Für entscheidend halten sie, wie viele Patienten auf die Therapie ansprechen und wie viele in Remission gelangen. Hierzu gibt es inzwischen weitere Studien.

Insgesamt 41 Studien ausgewertet

In einer aktuellen Analyse hat ein Team um den US-Psychiater Dr. Robert Gibbons von der Universität in Chicago Daten auf Ebene einzelner Patienten aus Studien mit Venlafaxin und Fluoxetin analysiert (Arch Gen Psychiatry 2012; 69: 572).

Der SSNRI Venlafaxin zählt zu einer neuen Generation von Antidepressiva, der SSRI Fluoxetin ist auch bei Minderjährigen zugelassen - die Analyse ermöglicht damit auch altersabhängige Aussagen.

Gibbons fand 20 Studien zu Fluoxetin sowie 21 zu Venlafaxin. Er konnte dabei Angaben von knapp 9200 Depressiven über einen Zeitraum von sechs Wochen auswerten.

Dabei kam er zu völlig anderen Schlussfolgerungen als Kirsch: Im Schnitt mussten etwa fünf Patienten mit Antidepressiva behandelt werden, damit einer auf die Therapie ansprach - bessere Werte gibt es auch bei vielen internistischen Arzneitherapien nicht.

Die Ansprechrate - eine 50-prozentige Reduktion der Werte auf der HAM-D-Skala oder einer Depressionsskala für Kinder - hing dabei nicht sonderlich von der Schwere der Depression ab, wohl aber vom Alter: Die Therapieerfolge bei geriatrischen Patienten waren bescheiden.

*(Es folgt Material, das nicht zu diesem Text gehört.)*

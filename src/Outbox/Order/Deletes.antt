-- ===== src/Outbox/Order/Deletes.antt =====
-- Purging keeps the order of the outbox.
use mathlib.Core.List.{Memᴰ}
use kafkaman.Base.{ℕ, ◌≡◌, Bool, List, inl, inr, arith, sym, subst, Option-cases}
use kafkaman.Base.Table.{delete_where, delete_where-mem}
use kafkaman.Failure.{ok}
use kafkaman.Core.Config.{PurgeConfig, validate_purge}
use kafkaman.Outbox.{OutboxRow}
use kafkaman.Outbox.Purge.{purge_outbox_once, is_victim, victims}
use kafkaman.Outbox.Order.{IsOrdered}

module _ {Json : Type 0} {rows : List (OutboxRow Json)} (i : IsOrdered rows) where
  pub delete-IsOrdered :
      {rows' : List (OutboxRow Json)}
      → ((r : OutboxRow Json) → Memᴰ r rows' → Memᴰ r rows)
      → IsOrdered rows'
  delete-IsOrdered old = record {
    one_row = λ r s mr ms. i.one_row r s (old r mr) (old s ms);
    one_ordinal = λ r s mr ms. i.one_ordinal r s (old r mr) (old s ms);
    one_in_flight = λ r s mr ms. i.one_in_flight r s (old r mr) (old s ms);
    in_flight_first = λ r s mr ms. i.in_flight_first r s (old r mr) (old s ms);
    published_first = λ r s mr ms. i.published_first r s (old r mr) (old s ms);
  }

-- Purging only deletes.
module _ {Json : Type 0} (now : ℕ) (cfg : PurgeConfig) (locked : OutboxRow Json → Bool)
    {rows : List (OutboxRow Json)} where
  pub purge-mem :
      {rows' : List (OutboxRow Json)} {n : ℕ}
      → purge_outbox_once now cfg locked rows ≡ ok (rows', n)
      → (r : OutboxRow Json) → Memᴰ r rows'
      → Memᴰ r rows
  unfolding purge_outbox_once
  purge-mem {rows'} {n} h r m = elim (Option-cases (validate_purge cfg)) [
    | inr (e, bad) ↦ absurd (cc (rw (bad, purge_outbox_once) at h))
    | inl good ↦
        let doomed = is_victim (victims now cfg locked rows) in
        let same : delete_where doomed rows ≡ rows' = ground arith in
        (delete_where-mem doomed rows (subst (λ x. Memᴰ r x) (sym same) m)).0
  ]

Bei der Schwere der Depression differenzierte Gibbons jedoch nicht besonders: Er teilte die Patienten in solche mit einem HAMD-Wert über 20 Punkte ein (schwere Depression) oder solche mit niedrigeren Werten (leichte Depression).

Bei der Children's Depression Rating Scale (CDRS) wählte er einen Grenzwert von 60 Punkten.

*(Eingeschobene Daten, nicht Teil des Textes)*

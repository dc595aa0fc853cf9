-- ===== src/Outbox/Order/Origins.antt =====
-- Where the rows that an enqueue leaves come from.
use mathlib.Core.List.{Memᴰ}
use kafkaman.Base.{
  refl, ◌≡◌, List, [], ◌∷◌, ◌++◌, ◌⊎◌, inl, inr, arith, String, Option, none, some, ap,
  if◌then◌else◌,
}
use kafkaman.Base.Table.{update_where-mem, append-mem, Memᴰ-cases}
use kafkaman.Failure.{Result, ok, err}
use kafkaman.Outbox.{OutboxRow}
use kafkaman.Outbox.Enqueue.{
  new_row, is_pending_of, to_overtaken, supersede_pending_outbox_rows, Session, Envelope,
  MessageDescriptor, Prepared, prepare, after_prepare, enqueue_inner,
}
use kafkaman.Outbox.Stored.{Stored, unchanged, audited, queued, store-Stored}
use kafkaman.Outbox.Order.{IsActive}
use kafkaman.Outbox.Order.Image.{Descends, Descends-image}

module _ {Json : Type 0} (session : Session Json) (message_type : String)
    (d : Option MessageDescriptor) (evt : Envelope Json) (rows : List (OutboxRow Json)) where
  last_or_old :
      (xs : List (OutboxRow Json)) (n r : OutboxRow Json)
      → Memᴰ r (xs ++ n ∷ [])
      → Memᴰ r xs ⊎ (r ≡ n)
  last_or_old xs n r m = elim (append-mem xs (n ∷ []) m) [
    | inl a ↦ inl a
    | inr b ↦ elim (Memᴰ-cases b) [ inl q ↦ inr q | inr k ↦ elim k [ ] ]
  ]

  overtaken-Descends :
      (key : String) (r : OutboxRow Json)
      → Memᴰ r (supersede_pending_outbox_rows session.visible key rows)
      → IsActive r
      → Descends rows r
  unfolding supersede_pending_outbox_rows
  overtaken-Descends key =
      Descends-image (λ r. if is_pending_of session.visible key r then to_overtaken r else r)
        (record { id = λ r. ground arith; ordinal = λ r. ground arith; entity = λ r. ground arith })
        (λ r' mr. update_where-mem (is_pending_of session.visible key) to_overtaken rows mr)
        (λ r mr a. ground arith)

  Stored-Descends :
      {d : MessageDescriptor} {p : Prepared Json} {out : List (OutboxRow Json) × Result (Unit {0})}
      → Stored session d evt p rows out
      → (r : OutboxRow Json) → Memᴰ r out.0
      → IsActive r
      → Descends rows r ⊎ (r.enqueue_order ≡ session.next_order)
  unfolding new_row
  Stored-Descends (unchanged e) r m a = inl (r, m, a, refl, refl)
  Stored-Descends (audited fresh absent) r m a = elim (last_or_old rows _ r m) [
    | inl k ↦ inl (r, k, a, refl, refl)
    | inr q ↦ inr (ap (λ x. x.enqueue_order) q)
  ]
  Stored-Descends {p} (queued fresh) r m a = elim (last_or_old _ _ r m) [
    | inl k ↦ inl (overtaken-Descends p.entity_key r k a)
    | inr q ↦ inr (ap (λ x. x.enqueue_order) q)
  ]

  pub enqueue-Descends :
      (r : OutboxRow Json)
      → Memᴰ r (enqueue_inner session message_type d evt rows).0
      → IsActive r
      → Descends rows r ⊎ (r.enqueue_order ≡ session.next_order)
  unfolding enqueue_inner
  enqueue-Descends = go d
    where
      after :
          (d : MessageDescriptor) (o : Result (Prepared Json)) (r : OutboxRow Json)
          → Memᴰ r (after_prepare session d evt rows o).0
          → IsActive r
          → Descends rows r ⊎ (r.enqueue_order ≡ session.next_order)
      after d (err e) r m a = inl (r, m, a, refl, refl)
      after d (ok p) r m a = Stored-Descends (store-Stored session d evt p rows) r m a

      go :
          (d : Option MessageDescriptor) (r : OutboxRow Json)
          → Memᴰ r (enqueue_inner session message_type d evt rows).0
          → IsActive r
          → Descends rows r ⊎ (r.enqueue_order ≡ session.next_order)
      go none r m a = inl (r, m, a, refl, refl)
      go (some d) r m a = after d (prepare d evt) r m a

Unterschied zu Placebo von knapp 28 Prozent

Die Ergebnisse im Einzelnen: Insgesamt ging der HAM-D-Wert mit Arzneitherapie in sechs Wochen um 11,8 Punkte zurück, mit Placebo waren es 9,3 Punkte - ein Unterschied von knapp 28 Prozent.

Auf die Antidepressiva sprachen 58 Prozent an, auf Placebo nur 40 Prozent, was einer Number Needed to Treat (NNT) von 5,4 entspricht.

In Remission (HAM-D unter 8 Punkten oder CDRS unter 28 Punkten) gelangten 43 Prozent mit Antidepressiva, aber nur 29 Prozent mit Placebo.

Wurde zwischen schwer und leicht Depressiven differenziert, so waren die Unterschiede nicht besonders groß: Bei den leichter Depressiven sank der HAM-D-Wert um 2,3 Punkte stärker als mit Placebo, bei den schwerer Depressiven waren es 2,8 Punkte.

Die Remissionsrate war bei den leicht Depressiven mit Arzneien um 17,5 Prozentpunkte höher als mit Placebo, bei den schwer Kranken um 17,2 Prozentpunkte.

Auch bei den Remissionsraten war die Arznei-Placebo-Differenz bei leicht und schwer Depressiven vergleichbar (13,3 versus 12,7 Prozentpunkte).

Wurden jedoch die Patientengruppen einzeln analysiert, gab es einige Unterschiede: So lag bei leicht depressiven Erwachsenen unter Fluoxetin die Verum-Placebo-Differenz beim HAM-D nur bei knapp 1,7 Punkten, bei schwer Depressiven dagegen bei 3,4 Punkten.

Der Unterschied war zwar statistisch nicht signifikant, spiegelt aber letztlich das Ergebnis von Kirsch wider - dessen Analyse beruhte im Wesentlichen auf Erwachsenen unter SSRI.

Auch Gibbons fand hier nun große Unterschiede bei den Ansprechraten: Die Verum-Placebo-Differenz lag bei 23,5 Prozentpunkten bei schwer Depressiven, nur 13,6 Prozentpunkte waren es bei leicht Depressiven.

Gute Wirkung bei leichten und schweren Depressionen

Ganz anders sah es bei Venlafaxin-Retard aus: Hier zeigten sich tatsächlich keine nennenswerten Unterschiede zwischen leicht und schwer Kranken, die Verum-Placebo-Differenz beim HAM-D lag bei 2,5 Punkten (leicht Kranke) und bei 2,2 Punkten (schwer Depressive).

Bei schnell wirksamem Venlafaxin deutete sich wiederum eine leicht stärkere Wirkung bei schwer Depressiven an, allerdings war hier der Unterschied geringer als mit Fluoxetin.

Daten speziell zu geriatrischen Patienten lagen aus vier Studien mit Fluoxetin vor: Hier waren die Unterschiede zwischen Arznei und Placebo bei den Ansprechraten mit 37 versus 27 Prozent und bei den Remissionsraten mit 27 versus 20 Prozent deutlich geringer als in Studien mit jüngeren Patienten.

Fazit: Gibbons Daten legen nahe, dass sowohl bei leicht als auch bei schwer Depressiven moderne Arzneien gut wirken, wobei SSRI bei Erwachsenen mit schwerer Depression etwas besser zu wirken scheinen als bei leicht Depressiven. Dies lässt sich aber nicht auf alle Antidepressiva oder alle Altersgruppen übertragen.